China on Tuesday said that there was “no forced labor” in Xinjiang after a report by the BBC implied that nearly half a million members of ethnic minorities were forced to harvest cotton in the far western region.
Speaking at a news conference in Beijing, Ministry of Foreign Affairs spokesperson Wang Wenbin said the claims were being made by “certain people with ulterior motives.”
“Helping people of all ethnic groups achieve stable employment is completely different from forced labor,” Wang added.
Hundreds of thousands of members of the Uighur and Kazakh Muslim minorities in Xinjiang have been detained in camps where they are forced to denounce Islam and profess loyalty to the party.
Earlier this year, monitoring groups and eyewitnesses said Uighurs had been summoned from abroad and across China and sent into detention and indoctrination centers.
The roughly 10 million Uighurs make up a tiny proportion of China’s almost 1.4 billion people and there has never been an insurgency that could challenge the central government’s overwhelming might.
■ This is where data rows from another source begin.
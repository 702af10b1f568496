-- ===== src/Public/Blobs.antt =====
-- The program that sends a blob to the public test network:
-- evm/evm-tx-blob-transactions-eip-4844/transaction-types/eip4844/eip4844.go
use blog_solutions.Prelude.{
  ℕ, ℤ, pos, ◌+ℤ◌, ltb, [], ◌∷◌, Option, none, some, not, replicate, length,
}
use blog_solutions.Rlp.Item.{Bytes}
use blog_solutions.Blob.Packing.{copy_at}
use blog_solutions.Local.Program.{done, ◌>>=◌}
use blog_solutions.Local.Calls.{
  Reply, Receipt, CallMsg, NodeProgram, ask, checked, require, call_failed, content_too_large,
  connect, pending_nonce_at, suggest_gas_tip_cap, fee_history, estimate_gas,
}
use blog_solutions.Local.Ethereum.{Ethereum, BlobTx}
use blog_solutions.Local.Blobs.{content, blob_recipient, blob_value, blob_fee_cap, must}
use blog_solutions.Fees.Caps.{buffered, last_fee}
use blog_solutions.Public.{Holder, broadcast}

abbrev pub sepolia_chain_id : ℕ
sepolia_chain_id = 11155111

abbrev pub value_message : ℕ → CallMsg
value_message from = record {
  from = from;
  to = blob_recipient;
  value = some blob_value;
  data_of = [];
  gas_price = none;
  gas_tip_cap = none;
  gas_fee_cap = none;
  access_list = [];
  blob_gas_fee_cap = none;
  blob_hashes = [];
}

-- `copy(blobData[:], content)`: the text as it is, from the first byte on.
unfoldable pub raw_blob : ℕ → Bytes
raw_blob size = copy_at (replicate size 0) 0 size content

module _ {Tx Key : Type 0} (lib : Ethereum Tx Key) where
  abbrev pub blob_fields : ℕ → ℕ → ℕ → ℕ → ℕ → Bytes → Bytes → Bytes → BlobTx
  blob_fields nonce tip fee_cap gas value payload commitment proof = record {
    chain = sepolia_chain_id;
    nonce = nonce;
    gas_tip_cap = tip;
    gas_fee_cap = fee_cap;
    gas = gas;
    to = blob_recipient;
    value = value;
    blob_fee_cap = blob_fee_cap;
    blob_hashes = lib.blob_hash commitment ∷ [];
    sidecar = record { blob = payload; commitment = commitment; proof = proof };
  }

  -- What follows the proof.
  unfoldable pub send_sealed :
      Holder Key → ℕ → ℤ → ℤ → Bytes → Bytes → Bytes → NodeProgram Tx (Option Receipt)
  send_sealed acc2 nonce tip fee_cap payload commitment proof = do
    value ← must (lib.from_big blob_value)
    gas_reply ← ask (estimate_gas (value_message acc2.address))
    gas ← checked call_failed gas_reply
    tip_word ← must (lib.from_big tip)
    cap_word ← must (lib.from_big fee_cap)
    signed ← checked call_failed (
        lib.sign_blob (pos sepolia_chain_id) acc2.key
          (blob_fields nonce tip_word cap_word gas value payload commitment proof))
    broadcast lib signed

  -- The commitment and the proof, for a blob of any size.
  unfoldable pub send_blob : ℕ → Holder Key → ℕ → ℤ → ℤ → NodeProgram Tx (Option Receipt)
  send_blob size acc2 nonce tip fee_cap = do
    fits ← require (not (ltb size (length content))) content_too_large
    commitment ← checked call_failed (lib.blob_to_commitment (raw_blob size))
    proof ← checked call_failed (lib.compute_blob_proof (raw_blob size) commitment)
    send_sealed acc2 nonce tip fee_cap (raw_blob size) commitment proof

  -- `main`, on what the loading of the trusted setup comes to.
  unfoldable pub eip4844_main : ℕ → Reply Unit → Holder Key → NodeProgram Tx (Option Receipt)
  eip4844_main size setup acc2 = do
    loaded ← checked call_failed setup
    dialled ← ask connect
    client ← checked call_failed dialled
    nonce_reply ← ask (pending_nonce_at acc2.address)
    nonce ← checked call_failed nonce_reply
    tip_reply ← ask suggest_gas_tip_cap
    tip ← checked call_failed tip_reply
    history ← ask fee_history
    fees ← checked call_failed history
    latest ← done (last_fee fees)
    send_blob size acc2 nonce tip (buffered latest +ℤ tip)
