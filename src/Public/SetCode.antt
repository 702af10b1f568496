-- ===== src/Public/SetCode.antt =====
-- The program that sends two authorizations to the public test network, with its own signing of them:
-- evm/evm-tx-setcode-transactions-eip-7702/transaction-types/eip7702/eip7702_batch.go
use blog_solutions.Prelude.{
  ℕ, ◌+◌, ◌%◌, ◌^◌, ℤ, pos, negsuc, ◌+ℤ◌, ◌-◌, List, [], ◌∷◌, Option, Outcome, ok, panic,
  index_range, word, ltb, if◌then◌else◌, drop,
}
use blog_solutions.Rlp.Item.{Bytes}
use blog_solutions.Rlp.BigEndian.{from_bytes}
use blog_solutions.Slices.{slice}
use blog_solutions.Local.Program.{done, ◌>>=◌}
use blog_solutions.Local.Calls.{
  Reply, Failure, Receipt, NodeProgram, ask, checked, call_failed, connect, pending_nonce_at,
  suggest_gas_tip_cap, suggest_gas_price,
}
use blog_solutions.Local.Ethereum.{Ethereum}
use blog_solutions.Local.Delegation.{SetCodeTx}
use blog_solutions.Local.Blobs.{must}
use blog_solutions.Public.{Holder, amoy_chain_id, broadcast}

abbrev pub invoker_address : ℕ
invoker_address = 0x87581c71b3693062f4d3e34617c3919ec1abf39b

abbrev pub module_address : ℕ
module_address = 0x4f9c96915a9ce8cd5eb11a2c35ab587fc97d5126

-- An entry of the AuthList, with its signature.
pub record SignedGrant : Type 0 where
  pub chain : ℕ
  pub address : ℕ
  pub nonce : ℕ
  pub r : ℕ
  pub s : ℕ
  pub v : ℕ

-- What go-ethereum does for the program. `rlp_list` is `EncodeToBytes` on two numbers with an
-- address between them, `hash_sign` is `Sign` on the Keccak hash of the bytes, which gives 65
-- bytes.
pub record Batch (Tx Key : Type 0) : Type 0 where
  pub rlp_list : ℤ → ℕ → ℤ → Reply Bytes
  pub hash_sign : Key → Bytes → Reply Bytes
  pub pack_trigger : List ℕ → Reply Bytes
  pub sign_set_code : ℤ → Key → SetCodeTx SignedGrant → Reply Tx

-- `int64` of a `uint64`.
unfoldable pub to_int64 : ℕ → ℤ
to_int64 n = if ltb n (2 ^ 63) then pos n else negsuc (word - 1 - n)

-- `sig[:32]`, `sig[32:64]` and `sig[64]`.
unfoldable pub last_byte_of : Bytes → Outcome Failure ℕ
last_byte_of [] = panic index_range
last_byte_of (b ∷ rest) = ok b

-- The parts of the signature, each of 32 bytes but the last.
unfoldable pub grant_of : {Tx : Type 0} → ℕ → Bytes → NodeProgram Tx SignedGrant
grant_of nonce sig = do
  r ← done (slice sig 0 32)
  s ← done (slice sig 32 64)
  v ← done (last_byte_of (drop 64 sig))
  done (
      ok (record {
        chain = amoy_chain_id;
        address = module_address;
        nonce = nonce;
        r = from_bytes 0 r;
        s = from_bytes 0 s;
        v = v;
      }))

module _ {Tx Key : Type 0} (lib : Ethereum Tx Key) (batch : Batch Tx Key) where
  -- `signEIP7702Delegation`: the magic byte, and the list of the chain, the address and the nonce.
  unfoldable pub sign_delegation : Key → ℕ → NodeProgram Tx Bytes
  sign_delegation key nonce = do
    payload ←
        checked call_failed (batch.rlp_list (pos amoy_chain_id) module_address (to_int64 nonce))
    checked call_failed (batch.hash_sign key (0x05 ∷ payload))

  -- What follows the fees. The sender is the second account, and its own authorization has the
  -- nonce behind that of the transaction.
  unfoldable pub send_grants :
      Holder Key → Holder Key → Bytes → ℕ → ℕ → ℤ → ℤ → NodeProgram Tx (Option Receipt)
  send_grants acc1 acc2 data_of base_nonce2 nonce1 tip fee_cap = do
    let nonce2 = (base_nonce2 + 1) % word
    sig2 ← sign_delegation acc2.key nonce2
    sig1 ← sign_delegation acc1.key nonce1
    second ← grant_of nonce2 sig2
    first ← grant_of nonce1 sig1
    tip_word ← must (lib.from_big tip)
    cap_word ← must (lib.from_big fee_cap)
    signed ← checked call_failed (
        batch.sign_set_code (pos amoy_chain_id) acc2.key (record {
          chain = amoy_chain_id;
          nonce = base_nonce2;
          gas_tip_cap = tip_word;
          gas_fee_cap = cap_word;
          gas = 120000;
          to = invoker_address;
          data_of = data_of;
          auth_list = first ∷ second ∷ [];
        }))
    broadcast lib signed

  unfoldable pub eip7702_main : Holder Key → Holder Key → NodeProgram Tx (Option Receipt)
  eip7702_main acc1 acc2 = do
    dialled ← ask connect
    client ← checked call_failed dialled
    data_of ← checked call_failed (batch.pack_trigger (acc1.address ∷ acc2.address ∷ []))
    base_reply ← ask (pending_nonce_at acc2.address)
    base_nonce2 ← checked call_failed base_reply
    nonce_reply ← ask (pending_nonce_at acc1.address)
    nonce1 ← checked call_failed nonce_reply
    tip_reply ← ask suggest_gas_tip_cap
    tip ← checked call_failed tip_reply
    price_reply ← ask suggest_gas_price
    price ← checked call_failed price_reply
    send_grants acc1 acc2 data_of base_nonce2 nonce1 tip (price +ℤ tip)
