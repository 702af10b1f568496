-- ===== src/Public/Terms.antt =====
-- The terms of the transactions that the programs send, said apart from the code that makes them.
use blog_solutions.Prelude.{
  ℕ, ◌+◌, ◌-◌, ◌*◌, ◌<◌, ◌≤◌, ◌^◌, ◌≡◌, refl, ap, arith, ℤ, pos, negsuc, List, [], ◌∷◌, ◌++◌,
  Option, none, some, ok, length, replicate,
}
use blog_solutions.Blob.FieldElements.{copy_at_start}
use blog_solutions.Local.Calls.{AccessList, CallMsg, Failure, Reply, answer, failure, Receipt}
use blog_solutions.Fees.Caps.{buffered, last_of, last_fee}
use blog_solutions.Public.{Bytes, reported}
use blog_solutions.Public.Blobs.{raw_blob}
use blog_solutions.Public.SetCode.{to_int64}
use blog_solutions.Local.Blobs.{content}

-- The message of an estimate without terms of its own.
abbrev pub call_of : ℕ → ℕ → Option ℤ → Bytes → AccessList → CallMsg
call_of sender target sum payload entries = record {
  from = sender;
  to = target;
  value = sum;
  data_of = payload;
  gas_price = none;
  gas_tip_cap = none;
  gas_fee_cap = none;
  access_list = entries;
  blob_gas_fee_cap = none;
  blob_hashes = [];
}

-- `part` is 112 hundredths of the fee, rounded down.
abbrev pub IsHundredths : ℤ → ℤ → Type 0
IsHundredths (pos fee) (pos part) = (100 * part ≤ 112 * fee) × (112 * fee < 100 * part + 100)
IsHundredths (negsuc fee) (negsuc part) =
    (112 * (fee + 1) ≤ 100 * (part + 1)) × (100 * part < 112 * (fee + 1))
IsHundredths _ _ = ⊥

pub buffered-IsHundredths : (fee : ℤ) → IsHundredths fee (buffered fee)
unfolding buffered
buffered-IsHundredths (pos fee) = (omega arith, omega arith)
buffered-IsHundredths (negsuc fee) = (omega arith, omega arith)

-- The fee is the last of the history.
abbrev pub IsLast : List ℤ → ℤ → Type 0
IsLast fees fee = (front : List ℤ) × (fees ≡ front ++ (fee ∷ []))

last_of-IsLast : (fee : ℤ) (fees : List ℤ) → IsLast (fee ∷ fees) (last_of fee fees)
unfolding last_of
last_of-IsLast fee [] = ([], refl)
last_of-IsLast fee (next ∷ fees) =
    let (front, e) = last_of-IsLast next fees in (fee ∷ front, ap (λ rest. fee ∷ rest) e)

pub last_fee-IsLast :
    (fees : List ℤ) (fee : ℤ) → last_fee {E = Failure} fees ≡ ok fee → IsLast fees fee
unfolding last_fee
last_fee-IsLast [] fee e = absurd cc
last_fee-IsLast (first ∷ fees) fee e =
    let same : last_of first fees ≡ fee = cc in rw same at (last_of-IsLast first fees)

-- What is printed: the receipt, where the node has answered with one.
abbrev pub IsPrinted : Reply Receipt → Option Receipt → Type 0
IsPrinted (answer receipt) o = o ≡ some receipt
IsPrinted (failure e) o = o ≡ none

pub reported-IsPrinted : (reply : Reply Receipt) → IsPrinted reply (reported reply)
reported-IsPrinted (answer receipt) = refl
reported-IsPrinted (failure e) = refl

-- The text from the first byte on, filled up with zeros to the size.
abbrev pub IsTextBlob : ℕ → Bytes → Type 0
IsTextBlob size payload = payload ≡ content ++ replicate (size - length content) 0

pub raw_blob-IsTextBlob : (size : ℕ) → length content ≤ size → IsTextBlob size (raw_blob size)
unfolding raw_blob
raw_blob-IsTextBlob size h = copy_at_start size content h

-- Below 2 ^ 63 the signed number is the number itself.
pub to_int64_small : (nonce : ℕ) → nonce < 2 ^ 63 → to_int64 nonce ≡ pos nonce
unfolding to_int64
to_int64_small nonce h = ground arith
Also during the news conference Wang defended its research partnership in developing a COVID-19 vaccine with Brazilian authorities after the South American country’s health authority said China’s human trial programs weren’t transparent enough.
The spokesperson also accused the United Kingdom of “interfering in Hong Kong’s affairs under the guise of so-called democracy and freedom and undermining the rule of law in Hong Kong” after British politicians criticized Chinese policy there.